(Task input begins)

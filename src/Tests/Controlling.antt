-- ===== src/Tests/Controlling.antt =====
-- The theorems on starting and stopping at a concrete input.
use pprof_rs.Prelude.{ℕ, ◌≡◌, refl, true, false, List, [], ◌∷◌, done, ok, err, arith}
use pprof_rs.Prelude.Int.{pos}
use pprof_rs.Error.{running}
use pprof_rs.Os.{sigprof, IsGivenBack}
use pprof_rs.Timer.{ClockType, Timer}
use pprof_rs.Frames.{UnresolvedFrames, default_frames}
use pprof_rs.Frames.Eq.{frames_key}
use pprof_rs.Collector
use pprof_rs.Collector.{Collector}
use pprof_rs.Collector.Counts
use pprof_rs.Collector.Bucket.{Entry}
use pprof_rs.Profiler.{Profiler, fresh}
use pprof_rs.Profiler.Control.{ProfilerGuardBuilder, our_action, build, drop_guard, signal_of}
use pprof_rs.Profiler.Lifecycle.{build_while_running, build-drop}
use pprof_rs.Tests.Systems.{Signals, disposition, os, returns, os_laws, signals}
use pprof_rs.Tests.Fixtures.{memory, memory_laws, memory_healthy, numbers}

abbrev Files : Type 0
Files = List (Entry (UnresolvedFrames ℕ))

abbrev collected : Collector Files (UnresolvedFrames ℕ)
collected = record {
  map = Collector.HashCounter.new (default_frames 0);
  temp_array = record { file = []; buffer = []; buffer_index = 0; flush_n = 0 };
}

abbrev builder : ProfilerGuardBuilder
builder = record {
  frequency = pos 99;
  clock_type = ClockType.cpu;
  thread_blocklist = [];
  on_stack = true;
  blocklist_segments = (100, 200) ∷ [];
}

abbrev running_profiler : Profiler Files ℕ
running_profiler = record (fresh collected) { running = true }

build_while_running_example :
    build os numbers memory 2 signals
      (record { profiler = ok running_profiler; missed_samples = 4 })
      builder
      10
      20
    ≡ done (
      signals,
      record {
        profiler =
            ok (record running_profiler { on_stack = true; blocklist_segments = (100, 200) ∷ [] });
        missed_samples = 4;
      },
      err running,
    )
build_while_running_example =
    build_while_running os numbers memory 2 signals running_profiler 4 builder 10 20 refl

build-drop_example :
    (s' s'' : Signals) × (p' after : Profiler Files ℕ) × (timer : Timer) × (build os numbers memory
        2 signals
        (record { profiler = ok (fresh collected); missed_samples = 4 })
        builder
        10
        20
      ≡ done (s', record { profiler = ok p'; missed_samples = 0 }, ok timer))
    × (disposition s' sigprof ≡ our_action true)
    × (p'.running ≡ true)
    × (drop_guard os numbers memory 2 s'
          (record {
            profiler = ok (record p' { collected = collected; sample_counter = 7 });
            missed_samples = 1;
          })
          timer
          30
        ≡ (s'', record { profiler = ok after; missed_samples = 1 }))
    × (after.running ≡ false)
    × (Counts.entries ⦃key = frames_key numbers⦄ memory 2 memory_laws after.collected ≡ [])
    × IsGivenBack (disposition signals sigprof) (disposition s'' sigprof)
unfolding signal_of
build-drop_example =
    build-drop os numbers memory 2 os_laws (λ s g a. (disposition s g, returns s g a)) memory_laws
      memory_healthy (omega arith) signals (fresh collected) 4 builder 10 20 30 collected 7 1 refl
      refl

(Task input ends)

- [Task to complete]
Scan the listing above. Collect all lines with the word "record".

- [Exercise answer]
collected = record {
  temp_array = record { file = []; buffer = []; buffer_index = 0; flush_n = 0 };
builder = record {
running_profiler = record (fresh collected) { running = true }
      (record { profiler = ok running_profiler; missed_samples = 4 })
      record {
            ok (record running_profiler { on_stack = true; blocklist_segments = (100, 200) ∷ [] });
        (record { profiler = ok (fresh collected); missed_samples = 4 })
      ≡ done (s', record { profiler = ok p'; missed_samples = 0 }, ok timer))
          (record {
            profiler = ok (record p' { collected = collected; sample_counter = 7 });
        ≡ (s'', record { profiler = ok after; missed_samples = 1 }))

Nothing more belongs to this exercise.